→ INSTRUCTIONS FOR THE TASK
Present the count of lines in the entries below that hold "true", and present nothing else.

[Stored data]

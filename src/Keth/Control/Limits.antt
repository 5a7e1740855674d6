-- ===== src/Keth/Control/Limits.antt =====
-- The configuration calls of keth-if/kernel/core.c, and recovery from a transmission timeout.
use hack.Base.{
  ℕ, ◌≡◌, Bool, false, List, if◌then◌else◌, leb, true, ◌&&◌, [], length, ◌+◌, arith, suc, ◌∷◌, zero,
  ◌<◌, refl,
}
use hack.Keth.Model.{
  Kernel, Params, Net, Device, Dev, at, PacketBuf, Ends, put, spin_lock, Ends-bind, spin_unlock,
  eth0, eth1,
}
use hack.Keth.Pool.{fill, fresh, setup_pool, teardown_pool}
use hack.Keth.Control.{change_mtu, Reply, zero_ok, minus, einval, tx_timeout, refill}
use hack.Keth.Pool.Sound.{IsSound, AllOf}
use hack.Keth.Receive.Conserve.{Keeps}
use hack.Keth.Receive.{interrupt}
use hack.Keth.Receive.Handlers.{interrupt-Keeps}

-- what `dummeth_change_mtu` does to its device
pub record Set (new_mtu : ℕ) (x : Device) (r : Reply) (y : Device) : Type 0 where
  pub reply : r ≡ (if leb 68 new_mtu && leb new_mtu 1500 then zero_ok else minus einval)
  pub mtu : y.mtu ≡ (if leb 68 new_mtu && leb new_mtu 1500 then new_mtu else x.mtu)
  pub free : y.locked ≡ false

-- On a device whose lock is free, `dummeth_change_mtu` sets the size and returns 0 exactly for sizes
-- from 68 to 1500; otherwise it returns `-EINVAL` and the device keeps its size. The lock is free
-- afterwards.
pub change_mtu-exact :
    (new_mtu : ℕ) (s : Net) (d : Dev)
    → (at s d).locked ≡ false
    → Ends (λ r. Set new_mtu (at s d) r.0 (at r.1 d)) (change_mtu new_mtu s d)
unfolding change_mtu
change_mtu-exact new_mtu s d free = ground arith

pub length-fill :
    (n i : ℕ) (kmalloc : ℕ → Bool) (d : Dev) (pool : List PacketBuf)
    → ((j : ℕ) → kmalloc j ≡ true)
    → AllOf d pool
    → (length (fill n i kmalloc d pool) ≡ n + length pool) × AllOf d (fill n i kmalloc d pool)
unfolding fill
length-fill zero i kmalloc d pool ok home = (omega arith, home)
length-fill (suc n) i kmalloc d pool ok home =
    let (len, homes) = length-fill n (i + 1) kmalloc d (fresh d ∷ pool) ok (refl, home) in
    rw (ok i) (omega (arith, len), homes)

-- What the kernel's transmit queue is relied on for when it is woken.
abbrev pub WakeLaw : Kernel → Type 0
WakeLaw k = (q : ℕ) → k.queue_stopped (k.wake_queue q) ≡ false

-- A pool that is full, with the queue running.
pub record IsReady (k : Kernel) (n : ℕ) (s : Net) (d : Dev) : Type 0 where
  pub sound : IsSound k s
  pub full : length (at s d).ppool ≡ n
  pub running : k.queue_stopped (at s d).queue ≡ false

module _ (k : Kernel) (q : Params) where
  refill-IsReady :
      (kmalloc : ℕ → Bool) (s : Net) (d : Dev)
      → WakeLaw k
      → ((i : ℕ) → kmalloc i ≡ true)
      → 0 < q.pool_size
      → IsSound k s
      → Ends (λ s'. IsReady k q.pool_size s' d) (refill k q kmalloc s d)
  unfolding refill spin_lock spin_unlock setup_pool teardown_pool
  refill-IsReady kmalloc s eth0 wake each some_packet v =
      let pool = length-fill q.pool_size 0 kmalloc eth0 [] each tt in
      ground (arith, pool.0, pool.1, wake s.dev0.queue)
  refill-IsReady kmalloc s eth1 wake each some_packet v =
      let pool = length-fill q.pool_size 0 kmalloc eth1 [] each tt in
      ground (arith, pool.0, pool.1, wake s.dev1.queue)

  -- A transmission timeout on sound devices ends, with the devices sound, the device's pool
  -- holding `pool_size` packets, at least one, and its queue running, where each `kmalloc`
  -- succeeds and a queue that is woken runs.
  pub tx_timeout-IsReady :
      (kmalloc : ℕ → Bool) (ok : Bool) (s : Net) (d : Dev)
      → WakeLaw k
      → ((i : ℕ) → kmalloc i ≡ true)
      → 0 < q.pool_size
      → IsSound k s
      → Ends (λ s'. IsReady k q.pool_size s' d) (tx_timeout k q kmalloc ok s d)
  unfolding tx_timeout
  tx_timeout-IsReady kmalloc ok s d wake each some_packet v =
      let s1 = put s d (record (at s d) { status = record (at s d).status { tx_intr = true } }) in
      Ends-bind (Keeps k s1) _ (interrupt k q.use_napi ok s1 d) _
        (interrupt-Keeps k q.use_napi ok s1 d (ground arith))
        λ s2 (v2, c2). refill-IsReady kmalloc _ d wake each some_packet (ground arith)
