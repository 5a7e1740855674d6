-- ===== src/Keth/Transmit.antt =====
-- Transmission in keth-if/kernel/core.c: a frame that one device sends is put on the receive list of
-- the other.
pub mod Conserve
pub mod Faults
pub mod Delivery
pub mod Twice
use hack.Base.{
  ℕ, ◌+◌, ◌-◌, ◌%◌, ◌/◌, ◌*◌, Bool, true, false, ltb, ◌==◌, ◌&&◌, not, if◌then◌else◌, Option, none,
  some, List, [], ◌∷◌, ◌++◌, length, get_or, set, drop, replicate,
}
use hack.Keth.Model.{
  Dev, other, PacketBuf, eth_data_len, SkBuff, Status, Device, Net, at, put, Params, Kernel,
  Outcome, done, overflow, ◌>>=◌, add64,
}
use hack.Keth.Pool.{get_tx_buffer, enqueue_buf}
use hack.Keth.Receive.{interrupt}

-- `x ^= 1`
abbrev pub flip_bit : ℕ → ℕ
flip_bit x = if x % 2 == 0 then x + 1 else x - 1

abbrev pub flip_at : List ℕ → ℕ → List ℕ
flip_at buf i = set buf i (flip_bit (get_or buf i 0))

-- the third bytes of source and destination, behind the Ethernet header of 14 bytes
abbrev pub flip_nets : List ℕ → List ℕ
flip_nets buf = flip_at (flip_at buf 28) 32

-- the checksum of the IPv4 header, stored in the order of the machine's bytes
abbrev pub store_check : List ℕ → ℕ → List ℕ
store_check buf check = set (set buf 24 (check % 256)) 25 (check / 256 % 256)

-- `memcpy(tx_buffer->data, buf, len)`
abbrev pub fill_buffer : PacketBuf → List ℕ → Outcome PacketBuf
fill_buffer tx_buffer buf =
    if ltb eth_data_len (length buf)
    then overflow
    else done (record tx_buffer { datalen = length buf; bytes = buf })

-- The frame is left where the transmit interrupt looks for it.
abbrev pub loaded : Net → Dev → List ℕ → Net
loaded s d buf = put s d (record (at s d) {
  tx_packetlen = length buf;
  tx_packetdata = buf;
  status = record (at s d).status { tx_intr = true };
})

-- The test for a simulated lockup: `lockup` is 0 where none is asked for.
abbrev pub locks_up : Params → Device → Bool
locks_up q dev = not (q.lockup == 0) && add64 dev.stats.tx_packets 1 % q.lockup == 0

-- `netif_stop_queue`
abbrev pub stopped : Kernel → Net → Dev → Net
stopped k s d = put s d (record (at s d) { queue = k.stop_queue (at s d).queue })

-- `ETH_ZLEN`, to which a short frame is filled up with zeros
abbrev pub eth_zlen : ℕ
eth_zlen = 60

abbrev pub pad : List ℕ → List ℕ
pad bytes =
    if ltb (length bytes) eth_zlen then bytes ++ replicate (eth_zlen - length bytes) 0 else bytes

module _ (k : Kernel) where
  -- `ih->check` is 0 while the checksum is computed over `ihl` words.
  unfoldable pub rewrite_frame : List ℕ → List ℕ
  rewrite_frame buf =
      let cleared = store_check (flip_nets buf) 0 in
      let ihl = get_or cleared 14 0 % 16 in
      store_check cleared (k.ip_fast_csum (drop 14 cleared) ihl)

  -- the receive interrupt on the twin device
  unfoldable pub notify : Params → Bool → Net → Dev → Outcome Net
  notify q skb_ok s dest =
      if (at s dest).rx_int_enabled
      then interrupt k q.use_napi skb_ok
          (put s dest
            (record (at s dest) { status = record (at s dest).status { rx_intr = true } }))
          dest
      else done s

  -- the transmit interrupt on the sending device, or the simulated lockup
  unfoldable pub complete_tx : Params → Bool → List ℕ → Net → Dev → Outcome Net
  complete_tx q skb_ok buf s d =
      let s1 = loaded s d buf in
      if locks_up q (at s1 d) then done (stopped k s1 d) else interrupt k q.use_napi skb_ok s1 d

  -- with the packet taken from the pool of the sending device
  unfoldable pub deliver : Params → Bool → List ℕ → PacketBuf → Net → Dev → Outcome Net
  deliver q skb_ok buf tx_buffer s d = do
    pkt ← fill_buffer tx_buffer buf
    s1 ← enqueue_buf s (other d) pkt
    s2 ← notify q skb_ok s1 (other d)
    complete_tx q skb_ok buf s2 d

  -- Without a packet `dummeth_hw_tx` gives up.
  unfoldable pub with_buffer : Params → Bool → List ℕ → Dev → Option PacketBuf → Net → Outcome Net
  with_buffer q skb_ok frame d none s = done s
  with_buffer q skb_ok frame d (some pkt) s = deliver q skb_ok frame pkt s d

  unfoldable pub hw_tx_frame : Params → Bool → List ℕ → Net → Dev → Outcome Net
  hw_tx_frame q skb_ok frame s d = do
    (tx_buffer, s1) ← get_tx_buffer k s d
    with_buffer q skb_ok frame d tx_buffer s1

  unfoldable pub hw_tx : Params → Bool → List ℕ → Net → Dev → Outcome Net
  hw_tx q skb_ok buf s d =
      if ltb (length buf) 34 then done s else hw_tx_frame q skb_ok (rewrite_frame buf) s d

  unfoldable pub xmit : Params → Bool → SkBuff → Net → Dev → Outcome Net
  xmit q skb_ok skb s d =
      hw_tx q skb_ok (pad skb.bytes) (put s d (record (at s d) { skb = some skb.addr })) d
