-- ===== src/Keth/Header.antt =====
-- The Ethernet headers that keth-if/kernel/core.c builds. A socket buffer is the bytes at `skb->data`.
pub mod Twin
use hack.Base.{ℕ, ◌+◌, ◌/◌, ◌%◌, Option, none, some, List, [], ◌∷◌, ◌++◌, drop}
use hack.Keth.Transmit.{flip_at}

-- `daddr ? daddr : dev->dev_addr`
abbrev pub address_or : Option (List ℕ) → List ℕ → List ℕ
address_or none dev_addr = dev_addr
address_or (some addr) dev_addr = addr

-- `hard_header_len`, as `ether_setup` sets it
abbrev pub hard_header_len : ℕ
hard_header_len = 14

-- Addresses are of `addr_len`, that is 6, bytes; the header is pushed before the payload.
unfoldable pub header : List ℕ → ℕ → Option (List ℕ) → Option (List ℕ) → List ℕ → ℕ × List ℕ
header dev_addr type daddr saddr payload =
    let h_proto = type / 256 % 256 ∷ type % 256 ∷ [] in
    let h_dest = flip_at (address_or daddr dev_addr) 5 in
    (hard_header_len, h_dest ++ address_or saddr dev_addr ++ h_proto ++ payload)

-- Both addresses, the first 12 bytes, are written over.
unfoldable pub rebuild_header : List ℕ → List ℕ → List ℕ
rebuild_header dev_addr payload = flip_at dev_addr 5 ++ dev_addr ++ drop 12 payload
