-- ===== src/Keth/Header/Twin.antt =====
-- The headers of keth-if/kernel/core.c lead to the twin device.
use hack.Base.{ℕ, List, none, ◌≡◌, take, drop, refl}
use hack.Keth.Header.{header, rebuild_header}
use hack.Keth.Model.{Dev, other, eth0, eth1}
use hack.Keth.Control.{hw_addr}

-- A header that a device builds without addresses of the caller's goes from it to the other device,
-- as `dummeth_open` names the two; rebuilding it changes nothing.
pub header-twin :
    (d : Dev) (type : ℕ) (payload : List ℕ)
    → let (len, built) = header (hw_addr d) type none none payload in
      (len ≡ 14)
      × (take 6 built ≡ hw_addr (other d))
      × (take 6 (drop 6 built) ≡ hw_addr d)
      × (drop len built ≡ payload)
      × (rebuild_header (hw_addr d) built ≡ built)
unfolding header rebuild_header
header-twin eth0 type payload = (refl, refl, refl, refl, refl)
header-twin eth1 type payload = (refl, refl, refl, refl, refl)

→ RESPONSE
8